▶ **PROBLEM**
Could you filter the data below down to the lines that hold the word "ownership"?

▶ **SUPPLIED RECORDS**
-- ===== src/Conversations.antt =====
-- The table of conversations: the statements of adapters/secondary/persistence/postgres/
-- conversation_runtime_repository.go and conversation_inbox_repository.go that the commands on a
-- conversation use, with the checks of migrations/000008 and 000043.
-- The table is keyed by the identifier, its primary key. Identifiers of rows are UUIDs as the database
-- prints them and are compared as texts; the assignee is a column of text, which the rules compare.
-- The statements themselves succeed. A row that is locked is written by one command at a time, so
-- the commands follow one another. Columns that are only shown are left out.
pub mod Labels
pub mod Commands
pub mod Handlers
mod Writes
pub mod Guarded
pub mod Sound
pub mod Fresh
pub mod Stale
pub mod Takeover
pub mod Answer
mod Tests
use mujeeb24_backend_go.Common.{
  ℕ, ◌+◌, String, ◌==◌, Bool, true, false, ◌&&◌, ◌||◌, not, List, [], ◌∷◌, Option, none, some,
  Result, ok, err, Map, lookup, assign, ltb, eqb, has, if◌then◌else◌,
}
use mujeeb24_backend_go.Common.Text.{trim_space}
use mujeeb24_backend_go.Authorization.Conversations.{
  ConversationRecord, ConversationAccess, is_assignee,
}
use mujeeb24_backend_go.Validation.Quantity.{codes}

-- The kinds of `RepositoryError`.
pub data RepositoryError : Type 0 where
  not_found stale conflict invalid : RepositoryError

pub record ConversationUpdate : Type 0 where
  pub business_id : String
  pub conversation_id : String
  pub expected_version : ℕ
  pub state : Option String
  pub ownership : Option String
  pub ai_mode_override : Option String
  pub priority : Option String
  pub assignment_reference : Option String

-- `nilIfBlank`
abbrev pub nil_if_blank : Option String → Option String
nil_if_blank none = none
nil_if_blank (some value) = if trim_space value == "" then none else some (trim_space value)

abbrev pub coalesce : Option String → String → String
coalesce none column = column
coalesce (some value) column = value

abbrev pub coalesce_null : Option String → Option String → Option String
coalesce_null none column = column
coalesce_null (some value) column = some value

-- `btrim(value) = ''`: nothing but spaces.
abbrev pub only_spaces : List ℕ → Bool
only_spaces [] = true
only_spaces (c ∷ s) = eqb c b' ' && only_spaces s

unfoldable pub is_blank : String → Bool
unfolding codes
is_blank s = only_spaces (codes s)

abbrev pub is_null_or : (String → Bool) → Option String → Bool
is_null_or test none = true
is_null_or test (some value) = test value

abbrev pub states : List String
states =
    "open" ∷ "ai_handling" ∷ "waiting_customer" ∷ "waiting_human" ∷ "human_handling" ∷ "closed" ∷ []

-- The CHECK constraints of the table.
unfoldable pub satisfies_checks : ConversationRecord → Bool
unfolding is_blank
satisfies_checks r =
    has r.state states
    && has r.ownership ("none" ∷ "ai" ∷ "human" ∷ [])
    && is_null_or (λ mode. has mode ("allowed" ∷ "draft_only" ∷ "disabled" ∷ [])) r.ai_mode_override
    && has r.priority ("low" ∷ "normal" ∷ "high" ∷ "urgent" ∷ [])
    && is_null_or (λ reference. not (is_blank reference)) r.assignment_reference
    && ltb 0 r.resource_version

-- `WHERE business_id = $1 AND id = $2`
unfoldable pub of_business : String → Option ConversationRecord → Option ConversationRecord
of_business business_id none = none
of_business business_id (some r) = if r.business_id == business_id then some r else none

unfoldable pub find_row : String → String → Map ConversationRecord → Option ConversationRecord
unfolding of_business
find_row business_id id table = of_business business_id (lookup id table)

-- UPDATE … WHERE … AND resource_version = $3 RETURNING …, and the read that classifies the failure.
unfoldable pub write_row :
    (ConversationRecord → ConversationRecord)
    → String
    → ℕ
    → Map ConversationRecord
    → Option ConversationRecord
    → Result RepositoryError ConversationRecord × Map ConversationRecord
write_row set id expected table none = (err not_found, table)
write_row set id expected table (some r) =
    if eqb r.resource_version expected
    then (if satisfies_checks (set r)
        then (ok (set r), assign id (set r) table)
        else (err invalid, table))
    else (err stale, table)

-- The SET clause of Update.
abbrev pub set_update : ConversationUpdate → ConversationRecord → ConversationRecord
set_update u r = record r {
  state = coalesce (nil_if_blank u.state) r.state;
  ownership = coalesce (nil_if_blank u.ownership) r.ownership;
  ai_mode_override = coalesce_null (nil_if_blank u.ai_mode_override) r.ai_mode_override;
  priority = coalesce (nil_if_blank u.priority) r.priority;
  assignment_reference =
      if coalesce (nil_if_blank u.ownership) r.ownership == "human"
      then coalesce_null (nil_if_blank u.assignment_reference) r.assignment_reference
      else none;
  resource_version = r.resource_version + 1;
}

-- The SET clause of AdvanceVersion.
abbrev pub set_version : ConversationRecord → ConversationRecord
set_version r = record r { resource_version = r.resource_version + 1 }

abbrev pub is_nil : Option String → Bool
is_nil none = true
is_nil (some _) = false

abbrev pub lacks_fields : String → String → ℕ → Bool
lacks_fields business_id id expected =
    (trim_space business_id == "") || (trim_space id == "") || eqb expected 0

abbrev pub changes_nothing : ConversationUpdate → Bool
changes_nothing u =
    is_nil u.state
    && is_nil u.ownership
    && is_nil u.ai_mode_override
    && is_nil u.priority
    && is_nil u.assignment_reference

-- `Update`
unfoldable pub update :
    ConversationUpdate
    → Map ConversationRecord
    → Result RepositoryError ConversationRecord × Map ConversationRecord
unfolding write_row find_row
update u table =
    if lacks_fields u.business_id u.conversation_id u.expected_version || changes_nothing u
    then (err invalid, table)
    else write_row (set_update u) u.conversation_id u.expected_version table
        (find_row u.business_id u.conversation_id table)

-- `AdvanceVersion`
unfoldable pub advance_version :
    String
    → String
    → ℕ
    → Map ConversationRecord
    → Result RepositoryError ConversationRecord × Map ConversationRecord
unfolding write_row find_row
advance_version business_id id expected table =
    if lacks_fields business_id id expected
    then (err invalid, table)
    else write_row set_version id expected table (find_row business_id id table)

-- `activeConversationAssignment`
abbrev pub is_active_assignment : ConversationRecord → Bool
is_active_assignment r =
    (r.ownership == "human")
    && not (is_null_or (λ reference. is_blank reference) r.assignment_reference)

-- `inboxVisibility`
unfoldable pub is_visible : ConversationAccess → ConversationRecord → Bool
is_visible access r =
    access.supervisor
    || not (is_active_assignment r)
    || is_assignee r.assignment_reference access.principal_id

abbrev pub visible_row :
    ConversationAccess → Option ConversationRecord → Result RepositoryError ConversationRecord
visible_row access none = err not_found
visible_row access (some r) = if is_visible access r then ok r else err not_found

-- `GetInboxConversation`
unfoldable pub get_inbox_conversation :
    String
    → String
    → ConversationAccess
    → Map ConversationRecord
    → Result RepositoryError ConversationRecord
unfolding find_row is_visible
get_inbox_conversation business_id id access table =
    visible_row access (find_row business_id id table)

▶ **RESPONSE TO THIS EXERCISE**
  pub ownership : Option String
    && has r.ownership ("none" ∷ "ai" ∷ "human" ∷ [])
  ownership = coalesce (nil_if_blank u.ownership) r.ownership;
      if coalesce (nil_if_blank u.ownership) r.ownership == "human"
    && is_nil u.ownership
    (r.ownership == "human")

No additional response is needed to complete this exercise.